Eine Schlacht der Superlative beginnt. Eine Schlacht, in der alle Kräfte des Guten gebündelt werden müssen, um siegreich sein zu können. Es reicht nicht, dass die Menschen da sind und das Elbenheer und die Zwerge, gebraucht wird auch noch Unterstützung durch die nahenden Adler und wie wir im nächsten Kapitel hören werden, schließlich und endlich auch von Beorn, dem Wandelmensch. So sind es erdgebundene gute Kräfte, aber auch himmelwärts gerichtete Kräfte, die den Kampf letztendlich maßgeblich mitentscheiden, versinnbildlicht durch die Adler und durch Beorn.

Lange, endlos lange brandet der Kampf hin und her, Seite um Seite, mal liegt die eine Partei vorne, dann wieder die andere. Hoffnung und Verzweiflung wechseln sich stetig ab. Keine Sekunde ist abzusehen, wer den Kampf nun wirklich gewinnen wird - wie auch im richtigen Leben. Wer wird den Sieg davontragen? Wir wissen es nicht, und das macht uns Angst. Und wie schon dargelegt wurde, - wir können nur eins wissen und entscheiden - auf welche Seite wir selbst uns stellen wollen - mit all unseren Kräften, mit all unserer menschlichen Würde, erhobenen Hauptes von einem unerschütterlichen Optimismus erfüllt, der besagt, dass keine einzige Handlung, mag sie noch so aussichtslos und oberflächlicher Weise gesehen, ergebnislos sein, umsonst oder gar wertlos ist („Hinter dem angreifenden Thorin lagen viele Menschen und Zwerge tot zwischen den erschlagenen Orks - und mancher Elb, der noch lange ein fröhliches Leben in den Wäldern hatte führen sollen"). War der daraus entstehende Sieg all diese Opfer wert? Das individuelle Leben mag erlöschen, aber der Sieg schützt kollektiv die zutiefst menschliche Seinsethik und ermöglicht dadurch das Aufwachsen zahlreicher anderer Elben, Zwerge und Menschen in Frieden und Freiheit. Und aus diesem Wissen kann die tiefe Erkenntnis entspringen, dass keine Handlung und kein einziges gelebtes Leben, kein Schicksal unbeachtet - oder wirkungslos bleibt in diesem unserem Universum - alle Handlungsstränge, die positiven und negativen Verhaltensweisen, alle sind bis in Unendlichkeit verwoben. Diejenigen, die an einen tieferen Sinn hinter den Dingen glauben, verstehen sicher, was gemeint ist.

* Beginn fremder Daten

-- ===== src/Lib.antt =====
-- A model of myfuse, a file system on FUSE in the manner of xv6, with the theorems that make its
-- layers correct.
--
-- From the bottom: the block device (src/block_device.c) is read and written through a buffer cache
-- (src/buf_cache.c). The log (src/log.c) collects the blocks that operations change and writes them
-- at one stroke. The block allocator (src/block_allocator.c) hands out blocks by a bitmap, inodes
-- (src/inode.c) collect blocks to files, and directories (src/directory.c) name inodes. The handlers
-- of src/file.c, which src/main.c gives to FUSE, serve requests by them.
--
-- Common, Params: shared helpers, and the constants of include/fs.h.
-- Machine: the state that the layers share, and commands on it (State, Command). A command returns
--   (`ok`), ends the process (`exit`: err_exit), waits for what no one gives (`wait`), or reaches
--   beyond an array (`fault`). Block has the bytes of a block; Buffer is the cache as its callers
--   see it: one buffer for a block, filled by the first bread, held from bread to brelse, written
--   through by bwrite; a read or write of a block is whole. Effect says what a sequence of writes
--   does, Keeps what parts of the state a command leaves alone.
-- Log: src/log.c, each function under its name (Header, Commit, Op); the other modules prove.
-- Alloc: src/block_allocator.c, each function under its name, in Alloc.antt.
-- Inode: src/inode.c: the dinode's bytes (Layout), the table (Table), the block map (Map),
--   truncation (Trunc), content and attributes (Content). An inode is named by its slot. A file's
--   bytes are those of the blocks that Walk finds without the code; Read and ReadFile, and Writing
--   to ReadBack, compare the code with them; Alone and Durable are about the disk
--   after end_op, and after a crash.
-- Directory: src/directory.c: paths (Path), entries and the walk (Entries).
-- File: src/file.c: the table of open files (Table, Slots, References), the handlers that FUSE
--   calls (Attr, Open, Link), and the table of them in src/main.c, as the requests that can be
--   served (Serve).
--   A file is named by its slot; FUSE's `filler` is a parameter, and flags are bits of a number.
-- Balance: begin_op and end_op in the handlers, from the layers below (Log, Alloc, Inode, Directory)
--   to a single request (Handlers, Calls, Missing, Leaks) to histories of them (History), and
--   to what follows when eight operations are left open (Full).
-- BufCache: src/buf_cache.c itself, with its buckets, time stamps and reference counts. The other
--   layers do not stand on it, but on the view that Machine.Buffer has; what that view asks of the
--   cache is the record Fetches and the invariant IsCache.
-- BlockDevice: src/block_device.c. open, lseek, read and write are parameters.
-- Mount, Mkfs: myfuse_init of src/main.c; mkfs/mkfs.myfuse-util.cc, and main of mkfs/mkfs.myfuse.cc
--   from the number of the disk's blocks on.
-- Diagnostic: diagnostic/disk-diagnostic.cc, from disk_init on. What it prints is a list of pieces,
--   texts and the numbers that printf converts; `block_used` is a list.
-- Tests: concrete states, and the theorems applied to them.
--
-- Integers: `uint` and `int` are 32-bit patterns with their wrap-around written out (add32, sub32,
-- lt_int), `size_t` has 64 bits. Threads: a command is run without interruption, and Log.Reserve
-- has the interleavings of the log's operations; the spin locks that a function takes and gives
-- back itself are left out. Code under DEBUG_TEST is left out.
--
-- Fuel: iget calls itself once after itable_grow, so its fuel is 2. The loops of skiptoend and
-- namex take an element off the path in each round, and their fuel is the path's length and one
-- more. The loops over whole blocks in the reads and writes take BSIZE bytes in each round, and
-- their fuel is the bytes divided by BSIZE.
--
-- Not modelled: options, messages and the signal handler of src/main.c and src/util.c, mkfs's
-- prompt and its query of the disk's size, which only read and print, and the tests under test;
-- what FUSE does between the kernel and the handlers. fileread and filewrite are declared in
-- include/file.h and defined nowhere.
pub mod Common
pub mod Params
pub mod Machine
pub mod Log
pub mod Alloc
pub mod Inode
pub mod Directory
pub mod File
pub mod Balance
pub mod Tests
pub mod BufCache
pub mod BlockDevice
pub mod Mount
pub mod Mkfs
pub mod Diagnostic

Deshalb geht es auch für uns abermals zentral um die fundamentale Frage, die von Anbeginn der Zeit immer wieder und wieder an uns gestellt wird: Auf welche Seite wirst du dich stellen? In welche Richtung wirst du deine Kräfte, Talente, Charaktereigenschaften richten? Wirst du überhaupt Stellung beziehen oder dich feige wegstehlen wollen, so wie der feige Meister der Seestadt? Auf der eigenen Selbstverwirklichungsreise ist es unerlässlich seine einzigartige Position zu finden in der Jahrtausende währenden Konfrontation zwischen Gut und Böse, zwischen lebensbejahenden Impulsen und menschenverachtenden Vorgehensweisen. Neutralität gibt es in diesem Falle nicht, sich damit herauszureden ist eine große Lebenslüge, es gibt nur entweder Hinschauen oder Wegschauen, etwas anderes gibt es nicht. Jeder von uns kann das Salz in der Suppe der menschlichen Lebensentfaltung werden. Was aber, wenn das Salz kraftlos wird? Wer wird dann die menschliche Ethik noch weitertragen? Wenn wir auf selbstbezogene, kindische Weise meinen „Alles wird gut" oder „ich kann sowieso nichts ausrichten, warum dann das Risiko", dann sind wir dabei auf dem besten Wege an unserer eigenen Menschwerdung vorbei zuspazieren.Und eine neue Spezies ins Leben zu rufen, die „Blind-Schlappis" die wie dumme Schafe in jegliche Richtung geführt werden können. Die meisten von uns Menschen könnten gut und gern ein bisschen Pfeffer im Hintern gebrauchen, sonst wird sich wohl so bald nichts zum Positiven ändern. Eine nette Methode vieler Menschen ist leider nach wie vor noch, sich hinter der Illusion eines vermeintlich ruhigen Lebens zu verbergen - „wer sagt hier was von kämpfen, mein Spazierstock taugt dafür aber rein gar nichts und auf meinem warmen kuscheligen Sofa ist es eh grad so schön beschaulich". Nun gut Nietzsche, Buddha, Jesus, Martin Luther King, Gandhi, Herman Hesse, Lieschen Müller und viele mehr haben dann sicher nicht für dich gelebt, gelehrt, gekämpft oder sind gar für dich gestorben. Nein sicher nicht. Oder vielleicht doch? Ist da ein hobbitmäßiger Lebensfunke in dir. Dann auf, hopp, marsch, hinein in den friedfertigen Kampf. Vom kleinsten Hobbit bis hin zum größten Zauberer sind alle aufgerufen ihr gesamtes Sein in die Waagschale zu werfen und den entscheidenden Unterschied zu machen - auch und vorrangig du selbst.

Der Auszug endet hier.